Discrete-Time Stochastic (dt-SS)

Functions for computing barrier certificates for discrete-time stochastic systems over a finite time horizon with noise.

dt_SS

from src.functions.dt_SS import dt_SS

result = dt_SS(b_degree, dim, L_initial, U_initial, L_unsafe, U_unsafe,
               L_space, U_space, x, varsigma, f, t, noise_type="normal",
               optimize=False, solver="mosek", confidence=None, gam=None,
               lam=None, c_val=None, mean=None, sigma=None, rate=None,
               a=None, b=None, l_degree=None)

Parameters:

Parameter

Type

Description

b_degree

int

Degree of the barrier polynomial.

dim

int

Dimension of the state space.

L_initial

np.ndarray

Lower bounds of the initial set. Shape: (dim,).

U_initial

np.ndarray

Upper bounds of the initial set. Shape: (dim,).

L_unsafe

np.ndarray

Lower bounds of unsafe set(s). Shape: (n_regions, dim).

U_unsafe

np.ndarray

Upper bounds of unsafe set(s). Shape: (n_regions, dim).

L_space

np.ndarray

Lower bounds of the state space. Shape: (dim,).

U_space

np.ndarray

Upper bounds of the state space. Shape: (dim,).

x

tuple

SymPy symbols for state variables.

varsigma

tuple

SymPy symbols for noise variables.

f

np.ndarray

Array of SymPy expressions defining the dynamics.

t

int

Finite time horizon.

noise_type

str

Type of noise: "normal", "exponential", or "uniform".

optimize

bool

If True, optimize the barrier certificate (requires gam and c_val). Default: False.

solver

str

"mosek" (default) or "cvxopt".

confidence

float or None

Minimal confidence threshold for the feasible solution.

gam

float or None

Fixed value for \(\gamma\).

lam

float or None

Fixed value for \(\lambda\).

c_val

float or None

Value for \(c\) (multiplied by time horizon in the confidence bound).

mean

list or None

Mean values for normal noise (assumed zero if not provided).

sigma

list or None

Standard deviations for normal noise per dimension.

rate

list or None

Rate parameter(s) for exponential noise.

a

list or None

Lower bounds for uniform noise.

b

list or None

Upper bounds for uniform noise.

l_degree

int or None

Degree of Lagrangian multipliers. Defaults to b_degree.

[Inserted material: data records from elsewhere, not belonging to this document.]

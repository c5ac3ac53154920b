-- ===== src/Debug/Redact.antt =====
-- What src/debug.rs hides: `redact`, `redact_hlr_tokens` and `redact_secret`. A text is the list of its code points.
use holler_server.Prelude.{
  ℕ, zero, suc, ◌+◌, ◌-◌, Bool, true, false, ◌&&◌, ◌||◌, String, List, [], ◌∷◌, ◌++◌, Option, none,
  some, leb, nat_beq, if◌then◌else◌, length,
}
use holler_server.Text.{codes}

abbrev pub redacted : List ℕ
redacted = codes "[redacted]"

abbrev pub hlr : List ℕ
hlr = codes "hlr_"

-- ASCII letters and digits, `-` and `_`.
abbrev pub is_token : ℕ → Bool
is_token c =
    leb b'0' c && leb c b'9'
    || leb b'A' c && leb c b'Z'
    || leb b'a' c && leb c b'z'
    || nat_beq c b'-'
    || nat_beq c b'_'

-- What follows a prefix.
abbrev pub strip_prefix : List ℕ → List ℕ → Option (List ℕ)
strip_prefix [] s = some s
strip_prefix (p ∷ ps) [] = none
strip_prefix (p ∷ ps) (c ∷ s) = let rest = strip_prefix ps s in if nat_beq p c then rest else none

abbrev before_found : ℕ → Option (List ℕ × List ℕ) → Option (List ℕ × List ℕ)
before_found c none = none
before_found c (some (before, after)) = some (c ∷ before, after)

-- `find`: what stands before and after the first occurrence of `hlr_`.
unfoldable pub find_hlr : List ℕ → Option (List ℕ × List ℕ)
find_hlr [] = none
find_hlr (c ∷ s) =
    let later = before_found c (find_hlr s) in
    elim (strip_prefix hlr (c ∷ s)) [ some after ↦ some ([], after) | none ↦ later ]

-- The run of token characters at the front, and what follows it.
unfoldable pub token_len : List ℕ → ℕ
token_len [] = 0
token_len (c ∷ s) = let n = token_len s in if is_token c then suc n else 0

unfoldable pub after_token : List ℕ → List ℕ
after_token [] = []
after_token (c ∷ s) = let rest = after_token s in if is_token c then rest else c ∷ s

abbrev pub prepend : List ℕ → Option (List ℕ) → Option (List ℕ)
prepend xs none = none
prepend xs (some ys) = some (xs ++ ys)

-- What the loop writes for an occurrence.
abbrev pub shown_for : List ℕ → List ℕ
shown_for after = if nat_beq (token_len after) 0 then hlr else redacted

-- The loop, with a bound on its rounds.
unfoldable pub redact_loop : ℕ → List ℕ → Option (List ℕ)
unfolding find_hlr token_len after_token
redact_loop zero rest = none
redact_loop (suc rounds) rest = elim (find_hlr rest) [
  | none ↦ some rest
  | some (before, after) ↦
      prepend before (prepend (shown_for after) (redact_loop rounds (after_token after)))
]

-- One round more than there are characters.
unfoldable pub redact_hlr_tokens : List ℕ → Option (List ℕ)
unfolding redact_loop
redact_hlr_tokens text = redact_loop (suc (length text)) text

-- ASCII letters in lower case.
abbrev to_lower : ℕ → ℕ
to_lower c = if leb b'A' c && leb c b'Z' then c + 32 else c

abbrev pub to_ascii_lowercase : List ℕ → List ℕ
to_ascii_lowercase [] = []
to_ascii_lowercase (c ∷ s) = to_lower c ∷ to_ascii_lowercase s

abbrev pub same_text : List ℕ → List ℕ → Bool
same_text [] [] = true
same_text (a ∷ xs) (b ∷ ys) = let rest = same_text xs ys in if nat_beq a b then rest else false
same_text _ _ = false

abbrev never_print_fields : List String
never_print_fields =
    "join secret" ∷ "join_secret" ∷ "client credential" ∷ "client_credential" ∷ "connect ticket"
    ∷ "connect_ticket" ∷ "authorization" ∷ "pepper" ∷ []

abbrev among : List String → List ℕ → Bool
among [] name = false
among (x ∷ xs) name = let later = among xs name in if same_text (codes x) name then true else later

unfoldable pub redact : List ℕ → List ℕ → List ℕ
redact field_name value =
    if among never_print_fields (to_ascii_lowercase field_name) then redacted else value

-- `replace`: each occurrence from the front, where as many characters are passed over as an occurrence
-- has left.
unfoldable pub replace : List ℕ → ℕ → List ℕ → List ℕ
replace secret left [] = []
replace secret (suc left) (c ∷ s) = replace secret left s
replace secret zero (c ∷ s) =
    let passed = replace secret (length secret - 1) s in
    let kept = replace secret zero s in
    elim (strip_prefix secret (c ∷ s)) [ none ↦ c ∷ kept | some after ↦ redacted ++ passed ]

unfoldable pub redact_secret : List ℕ → List ℕ → List ℕ
unfolding replace
redact_secret text [] = text
redact_secret text (c ∷ secret) = replace (c ∷ secret) 0 text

Noise-specific parameters:

  • Normal: provide sigma (and optionally mean)

  • Exponential: provide rate

  • Uniform: provide a and b

Returns: dict with barrier certificate details, or None if infeasible.

parallel_dt_SS

from src.functions.parallel_dt_SS import parallel_dt_SS

result = parallel_dt_SS(b_degree, dim, L_initial, U_initial, L_unsafe,
                        U_unsafe, L_space, U_space, x, varsigma, f, t,
                        noise_type="normal", optimize=False, solver="mosek",
                        confidence=None, gam=None, lam=None, c_val=None,
                        mean=None, sigma=None, rate=None, a=None, b=None,
                        l_degree=None)

Searches barrier degrees 2, 4, …, b_degree in parallel. All parameters are identical to dt_SS except b_degree is the maximum degree.

Note

Must be called inside if __name__ == '__main__': due to Python multiprocessing.

Returns: The result dict from the first successful degree, or None.